Conditions One and Two, edited by Elly Bulkin, Jan Clausen, et al. (Conditions, P.O. Box 56, Van Bount Station, Brooklyn, N.Y. 11215, paperback, $6.50 for three volumes annually). The first two volumes of a new fiction/nonfiction magazine out of New York, featuring short stories, an interview with writer Adrienne Rich, poetry (very mixed), and book reviews which, even when they don't satisfy, bring together information an old and new lesbian publications not easily located elsewhere. NONFICTION
The New Lesbians: Interviews with Women Across the U.S. and Canada, by Laurel Galana and Gina Covina (Moon Books/Random House paperback, $4.95). A get-acquainted book in which lesbian women tell their own stories in interviews with more emphasis on personal detail than on polemic, Clumsy and over-simplified at times.
We're Here: Conversations with Lesbian Women, by Anglea Stewart-Park and Jules Cassidy (Quartet/Horizon paperback, $3.95). Another get-acquainted book, on English lesbian women. More articulate and engaging, with a livelier presentation and more discussion of issues than in the American book.
Women Who Love Women, by Tracy Young (Pocket Books paperback, $1.95). A so-so look at the first gay experiences, and what followed - role-playing, fidelity and promiscuity, guilt, relationships with men, and so on - for another series of lesbian women. The cover smacks of women's sexual revelations, but the book is less risque than that.
Motherhood, Lesbianism and Child Custody, by Francy Wyland (Wages Due Lesbians, P.O. Box 38, Station E, Toronto, Canada paperback, $1.20). A Canadian pamphlet on the child custody-lesbian issue. More polemical than actually useful to a mother trying to deal with the threat, but one of the few such publications out.
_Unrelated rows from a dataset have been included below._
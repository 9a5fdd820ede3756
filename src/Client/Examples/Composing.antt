-- ===== src/Client/Examples/Composing.antt =====
-- A transaction that is composed from a contract's description, without a node.
use dioxide_python.Prelude.{◌≡◌, refl, false, none, some, [], ◌∷◌}
use dioxide_python.Prelude.Int.{pos}
use dioxide_python.Bytes.{Bytes}
use dioxide_python.Text.{codes}
use dioxide_python.Gcl.Value.{Entries, int, str, list, dict, nil, cons, end}
use dioxide_python.Account.Examples.{stand_ins}
use dioxide_python.Args.Examples.{arguments}
use dioxide_python.Transaction.Examples.{exact_log2}
use dioxide_python.Client.Examples.{ascii, field}
use dioxide_python.Client.Examples.Decoding.{node, unprinted}
use dioxide_python.Client.Local.{by_address, LocalOptions, compose_transaction_local}
use dioxide_python.Client.Local.Offline.{compose_transaction_local-Same}

abbrev till : Entries
till = field (codes "ContractID") (int (pos 150324903937)) (
    field (codes "ContractVersionID") (int (pos 1)) (
      field (codes "Functions")
        (list (
          cons
            (dict
              (field (codes "Name") (str (codes "pay")) (field (codes "Opcode") (int (pos 3)) end)))
            nil))
        end))

abbrev options : LocalOptions
options = record {
  signature = some (codes "uint16:amount,string:memo");
  contract_info = some till;
  isn = some 7;
  is_delegatee = false;
  gas_price = none;
  gas_limit = none;
  ttl = some 60;
}

abbrev composed : Bytes
composed =
    108 ∷ 0 ∷ 100 ∷ 195 ∷ 239 ∷ 9 ∷ 153 ∷ 1 ∷ 7 ∷ 0 ∷ 0 ∷ 0 ∷ 59 ∷ 0 ∷ 12 ∷ 0 ∷ 3 ∷ 63 ∷ 100 ∷ 0 ∷ 0
    ∷ 0 ∷ 0 ∷ 0 ∷ 32 ∷ 161 ∷ 7 ∷ 0 ∷ 1 ∷ 0 ∷ 16 ∷ 0 ∷ 35 ∷ 0 ∷ 0 ∷ 0 ∷ 6 ∷ 0 ∷ 44 ∷ 1 ∷ 2 ∷ 0 ∷ 104
    ∷ 105 ∷ []

compose_transaction_local-Same_example :
    (compose_transaction_local ascii stand_ins unprinted exact_log2 1756808332132 node
      (by_address (codes "a:dapp"))
      (codes "shop.till.pay")
      arguments
      options
      3).1
    ≡ 3
compose_transaction_local-Same_example =
    compose_transaction_local-Same ascii stand_ins unprinted exact_log2 1756808332132 node
      (by_address (codes "a:dapp")) (codes "shop.till.pay") arguments options till 7 3 refl refl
From the Closet to the Courts: The Lesbian Transition, by Ruth Simpson (Penguin paperback, $2.25). By a former president of Daughters of Bilitis, New York, this effective book discusses the persecution of homosexual women by physicians, the church police, mass media and government. A real eye-opener - how many are aware, for instance, that licensing for work in jobs from pilot to podiatrist, veterinarian to television repairperson was illegal for homosexuals in 42 states as of 1971?
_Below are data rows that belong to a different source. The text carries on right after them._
-- ===== src/Client/Relays/Collect/Kids.antt =====
-- The relays of one transaction, and the inner loop over them, on a node that does not change while
-- it is asked.
use dioxide_python.Prelude.{
  ◌≡◌, refl, sym, ◌∙◌, ap, Bool, true, false, none, List, [], ◌∷◌, ◌++◌, append-nil, append_assoc,
}
use dioxide_python.Prelude.Result.{Result, ok}
use dioxide_python.Text.Case.{Unicode}
use dioxide_python.Gcl.Value.{Value, Entries, dict}
use dioxide_python.Client.{Outcome, returned, Service, ◌>>=◌}
use dioxide_python.Client.Relays.{normalize_relay_hash, relays_of, get_transaction}
use dioxide_python.Client.Relays.Collect.{detail_of, collect_relays}
use mathlib.Core.List.{map}
use mathlib.Core.Path.{ap₂}

-- A relayed transaction, and what is listed for it.
abbrev pub Kid : Type 0
Kid = Entries × Value

abbrev pub txs : List Kid → List Entries
txs ks = map (λ k. k.0) ks

abbrev pub seen_of : List Kid → List Value
seen_of ks = map (λ k. k.1) ks

-- The hash itself, or what the transaction is.
abbrev pub shown : Bool → Value → Entries → Value
shown true h tx = dict tx
shown false h tx = h

ok_injective : {x y : Value} → Result.ok x ≡ ok y → x ≡ y
ok_injective h = cc

returned_injective {ℓ} :
    {W : Type ℓ} {A : Type 0} {x y : A} {w : W}
    → ◌≡◌ {A = Outcome A × W} (returned x, w) (returned y, w)
    → x ≡ y
returned_injective h = cc

module _ {ℓ} {W : Type ℓ} (unicode : Unicode) (service : Service W) (detail : Bool) (w : W) where
  pub record IsFetched (h : Value) (k : Kid) : Type ℓ where
    pub normalized : Value
    pub normalizes : normalize_relay_hash unicode h ≡ ok normalized
    pub answered : get_transaction unicode service normalized none w ≡ (returned k.0, w)
    pub shows : k.1 ≡ shown detail h k.0

  pub data AllFetched : List Value → List Kid → Type ℓ where
    nothing : AllFetched [] []
    fetched :
        {h : Value} {k : Kid} {hs : List Value} {ks : List Kid}
        → IsFetched h k
        → AllFetched hs ks
        → AllFetched (h ∷ hs) (k ∷ ks)

  -- The relays of a transaction, and what the node answers for them.
  abbrev pub AreKids : Entries → List Kid → Type ℓ
  AreKids tx ks = (hs : List Value) × (relays_of service tx w ≡ (returned hs, w)) × AllFetched hs ks

  -- The call for one relay.
  detail_of_lem :
      (h : Value) (k : Kid) (f : IsFetched h k)
      → detail_of unicode service detail h f.normalized w ≡ (returned k.1, w)
  unfolding detail_of ◌>>=◌
  detail_of_lem h k f = by detail f.shows
    where
      by :
          (d : Bool)
          → k.1 ≡ shown d h k.0
          → detail_of unicode service d h f.normalized w ≡ (returned k.1, w)
      by false e = rw e refl
      by true e = rw (e, f.answered) refl

  pub collect_relays_lem :
      (hs : List Value) (ks : List Kid) (q : List Entries) (res : List Value)
      → AllFetched hs ks
      → collect_relays unicode service detail hs q res w
        ≡ (returned (q ++ txs ks, res ++ seen_of ks), w)
  unfolding collect_relays ◌>>=◌
  collect_relays_lem [] [] q res nothing = rw (append-nil q, append-nil res) refl
  collect_relays_lem [] (k ∷ ks) q res f = elim f [ ]
  collect_relays_lem (h ∷ hs) [] q res f = elim f [ ]
  collect_relays_lem (h ∷ hs) (k ∷ ks) q res (fetched f fs) =
      rw (f.normalizes, detail_of_lem h k f, f.answered)
        (collect_relays_lem hs ks (q ++ (k.0 ∷ [])) (res ++ (k.1 ∷ [])) fs
          ∙ ap (λ r. (returned r, w))
              (rw (append_assoc q (k.0 ∷ []) (txs ks), append_assoc res (k.1 ∷ []) (seen_of ks))
                refl))

  kid_eq : (h : Value) (k l : Kid) → IsFetched h k → IsFetched h l → k ≡ l
  kid_eq h k l f g =
      let same : f.normalized ≡ g.normalized = ok_injective (sym f.normalizes ∙ g.normalizes) in
      let asked = rw same at f.answered in
      let tx : k.0 ≡ l.0 = returned_injective (sym asked ∙ g.answered) in
      let shown_ : k.1 ≡ l.1 = f.shows ∙ (ap (λ t. shown detail h t) tx ∙ sym g.shows) in
      ap₂ (λ a b. (a, b)) tx shown_

  kids_eq : (hs : List Value) (ks ls : List Kid) → AllFetched hs ks → AllFetched hs ls → ks ≡ ls
  kids_eq [] [] [] nothing nothing = refl
  kids_eq [] (k ∷ ks) ls f g = elim f [ ]
  kids_eq [] [] (l ∷ ls) f g = elim g [ ]
  kids_eq (h ∷ hs) [] ls f g = elim f [ ]
  kids_eq (h ∷ hs) (k ∷ ks) [] f g = elim g [ ]
  kids_eq (h ∷ hs) (k ∷ ks) (l ∷ ls) (fetched f fs) (fetched g gs) =
      ap₂ (λ a b. a ∷ b) (kid_eq h k l f g) (kids_eq hs ks ls fs gs)

  pub AreKids-eq : (tx : Entries) (ks ls : List Kid) → AreKids tx ks → AreKids tx ls → ks ≡ ls
  AreKids-eq tx ks ls (hs, eh, fs) (gs, eg, fs') =
      let same : hs ≡ gs = returned_injective (sym eh ∙ eg) in kids_eq gs ks ls (rw same at fs) fs'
By Her Own Admission: A Lesbian Mother's Fight to Keep Her Son, by Gifford Guy Gibson with Mary Jo Risher (Doubleday, $8.95). An agonizing, true story of a woman's loss in 1974 of her son in the Texas courts because she was declared, on the basis of her lesbianism, to be an unfit mother. If earlier appeals don't win, Risher plans to take her case to the Supreme Court. Overdetailed at times, but nightmarish in its impact and implications.
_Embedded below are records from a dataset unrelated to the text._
-- ===== src/Client/Relays/Collect/Listed.antt =====
-- What `get_all_relay_transactions` lists, on a node that does not change while it is asked.
use dioxide_python.Prelude.{
  ℕ, zero, suc, ◌+◌, ◌≤◌, ◌≡◌, refl, sym, ◌∙◌, ap, ◌⊎◌, ◌↔◌, inl, inr, Bool, true, some, List, [],
  ◌∷◌, ◌++◌, append-nil, append_assoc, arith,
}
use dioxide_python.Text.Case.{Unicode}
use dioxide_python.Gcl.Value.{Value, Entries}
use dioxide_python.Client.{returned, Service, ◌>>=◌}
use dioxide_python.Client.Relays.{is_tx_confirmed_with_relays}
use dioxide_python.Client.Relays.Collect.{collect, collect_if, get_all_relay_transactions}
use mathlib.Core.List.{Memᴰ}
use mathlib.Core.List.Memᴰ
use mathlib.Core.Path.{subst}
use dioxide_python.Client.Relays.Collect.Kids.{
  Kid, txs, seen_of, AreKids, collect_relays_lem, AreKids-eq,
}

module _ {ℓ} {W : Type ℓ} (unicode : Unicode) (service : Service W) (detail : Bool) (w : W) where
  -- What stands for a relay of the transaction, or of a relayed one, at any depth.
  pub data Listed : Entries → Value → Type ℓ where
    relay :
        {tx : Entries} (k : Kid) (ks : List Kid)
        → AreKids unicode service detail w tx ks
        → Memᴰ k ks
        → Listed tx k.1
    deeper :
        {tx : Entries} {v : Value} (k : Kid) (ks : List Kid)
        → AreKids unicode service detail w tx ks
        → Memᴰ k ks
        → Listed k.0 v
        → Listed tx v

  -- Relays that form a finite tree of `n` transactions.
  mutual
    pub data Tree : Entries → ℕ → Type ℓ where
      node :
          {tx : Entries} {n : ℕ} (ks : List Kid)
          → AreKids unicode service detail w tx ks
          → Forest (txs ks) n
          → Tree tx (suc n)

    pub data Forest : List Entries → ℕ → Type ℓ where
      empty : Forest [] 0
      more :
          {tx : Entries} {q : List Entries} {m n : ℕ}
          → Tree tx m
          → Forest q n
          → Forest (tx ∷ q) (m + n)

  -- A queue that is put together.
  Forest-append : (q r : List Entries) {m n : ℕ} → Forest q m → Forest r n → Forest (q ++ r) (m + n)
  Forest-append [] r {n = n} empty f = let e : 0 + n ≡ n = omega arith in rw e f
  Forest-append (tx ∷ q) r {n} (more {m = a} {n = b} t fs) f =
      let whole : a + (b + n) ≡ a + b + n = omega arith in
      rw (← whole) (more t (Forest-append q r fs f))

  -- What is listed for some transaction of a queue.
  abbrev ListedFrom : List Entries → Value → Type ℓ
  ListedFrom q v = (tx : Entries) × Memᴰ tx q × Listed tx v

  listed_first :
      (tx : Entries) (v : Value) (ks : List Kid)
      → AreKids unicode service detail w tx ks
      → Listed tx v
      → Memᴰ v (seen_of ks) ⊎ ListedFrom (txs ks) v
  listed_first tx v ks kids (relay k ls kids' among) =
      let same = AreKids-eq unicode service detail w tx ls ks kids' kids in
      inl (Memᴰ.map (λ k. k.1) (rw same at among))
  listed_first tx v ks kids (deeper k ls kids' among l) =
      let same = AreKids-eq unicode service detail w tx ls ks kids' kids in
      inr (k.0, Memᴰ.map (λ k. k.0) (rw same at among), l)

  -- One transaction of the queue is replaced by its relays.
  step :
      (tx : Entries) (ks : List Kid) (q : List Entries) (out : List Value)
      → AreKids unicode service detail w tx ks
      → ((v : Value) → Memᴰ v out ↔ ListedFrom (q ++ txs ks) v)
      → (v : Value) → Memᴰ v (seen_of ks ++ out) ↔ ListedFrom (tx ∷ q) v
  step tx ks q out kids rest v = (to, from)
    where
      to : Memᴰ v (seen_of ks ++ out) → ListedFrom (tx ∷ q) v
      to m = elim (Memᴰ.append_cases (seen_of ks) m) [
        | inl here ↦
            let (k, among, e) = Memᴰ.of_map (λ k. k.1) ks here in
            (tx, Memᴰ.head refl, subst (λ x. Listed tx x) e (relay k ks kids among))
        | inr later ↦
            let (t, m', l) = (rest v).0 later in
            elim (Memᴰ.append_cases q m') [
              | inl left ↦ (t, Memᴰ.tail left, l)
              | inr right ↦
                  let (k, among, e) = Memᴰ.of_map (λ k. k.0) ks right in
                  (tx, Memᴰ.head refl, deeper k ks kids among (subst (λ x. Listed x v) (sym e) l))
            ]
      ]

      mine : Listed tx v → Memᴰ v (seen_of ks ++ out)
      mine l = elim (listed_first tx v ks kids l) [
        | inl here ↦ Memᴰ.append_left out here
        | inr (t, m, l') ↦
            Memᴰ.append_right (seen_of ks) ((rest v).1 (t, Memᴰ.append_right q m, l'))
      ]

      from : ListedFrom (tx ∷ q) v → Memᴰ v (seen_of ks ++ out)
      from (t, Memᴰ.head e, l) = mine (subst (λ x. Listed x v) e l)
      from (t, Memᴰ.tail m, l) =
          Memᴰ.append_right (seen_of ks) ((rest v).1 (t, Memᴰ.append_left (txs ks) m, l))

  none_listed : (v : Value) → Memᴰ v [] ↔ ListedFrom [] v
  none_listed v = (λ m. absurd (Memᴰ.not-nil m), λ l. absurd (Memᴰ.not-nil l.1))

  -- On a finite forest the loop returns, with fuel for each transaction in it.
  collect_lem :
      (fuel : ℕ) (q : List Entries) (n : ℕ) (res : List Value)
      → Forest q n
      → n ≤ fuel
      → (out : List Value) × (collect unicode service detail fuel q res w
          ≡ (returned (res ++ out), w))
        × ((v : Value) → Memᴰ v out ↔ ListedFrom q v)
  unfolding collect ◌>>=◌
  collect_lem fuel [] n res f le = ([], rw (append-nil res) refl, none_listed)
  collect_lem zero (tx ∷ q) n res (more (node _ _ _) _) le = absurd (omega (arith, le))
  collect_lem (suc fuel) (tx ∷ q) n res (more {n = b} (node {n = a} ks kids fs) rest) le =
      let (hs, eh, fetched_) = kids in
      let (out, e, listed) =
        collect_lem fuel (q ++ txs ks) (b + a) (res ++ seen_of ks)
          (Forest-append q (txs ks) rest fs) (omega (arith, le)) in
      (
        seen_of ks ++ out,
        rw (eh, collect_relays_lem unicode service detail w hs ks q res fetched_)
            (e ∙ ap (λ r. (returned r, w)) (append_assoc res (seen_of ks) out)),
        step tx ks q out kids listed,
      )

  -- On a node that does not change while it is asked, for a confirmed transaction whose relays
  -- form a finite tree: with fuel for each transaction in the tree, `get_all_relay_transactions`
  -- returns a list, and in it is exactly what stands for a relay of the transaction, or of a relayed
  -- one, at any depth.
  pub get_all_relay_transactions-Listed :
      (fuel : ℕ) (tx : Entries) (n : ℕ)
      → is_tx_confirmed_with_relays unicode service fuel tx w ≡ (returned true, w)
      → Tree tx n
      → n ≤ fuel
      → (res : List Value) × (get_all_relay_transactions unicode service fuel detail tx w
          ≡ (returned (some res), w))
        × ((v : Value) → Memᴰ v res ↔ Listed tx v)
  unfolding get_all_relay_transactions collect_if ◌>>=◌
  get_all_relay_transactions-Listed fuel tx n confirmed tree le =
      let (res, e, listed) =
        collect_lem fuel (tx ∷ []) (n + 0) [] (more tree empty) (omega (arith, le)) in
      (
        res,
        rw (confirmed, e) refl,
        λ v. (λ m. only ((listed v).0 m), λ l. (listed v).1 (tx, Memᴰ.head refl, l)),
      )
    where
      only : {v : Value} → ListedFrom (tx ∷ []) v → Listed tx v
      only {v} (t, m, l) = subst (λ x. Listed x v) (Memᴰ.eq_of_singleton m) l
The Joy of Lesbian Sex, by Dr. Emily L. Sisley and Bertha Harris (Crown, $12.95). An informative, sensitively written manual, with some lovely illustrations, which deals with lesbian sexuality and offers advice on emotional, medical, social and legal problems. Its dictionary format tends to get in the way, and some of the material is reiterated under too many headings, but the index helps and the advice seems sound.
Womenfriends: A Soap Opera, by Esther Newton and Shirely Walton (Friends Press, 520 W. 110th St., New York, N.Y. paperback, $4.50). A dialogue in journal form which explores the relationship of a gay and a straight pregnant woman from 1971-1972. The joint diary is interesting and even fun to read, but the dialogue degenerates into monologues before the journal ends. POETRY
Edward the Dyke and other poems, by Judy Grahn (Women's Press Collective, 5251 Broadway, Oakland, Calif. 94618 paperback, $1.25). A beguiling and powerful book of poetry, including among other works a series of seven pieces, "The Common Woman," which is striking and eloquent.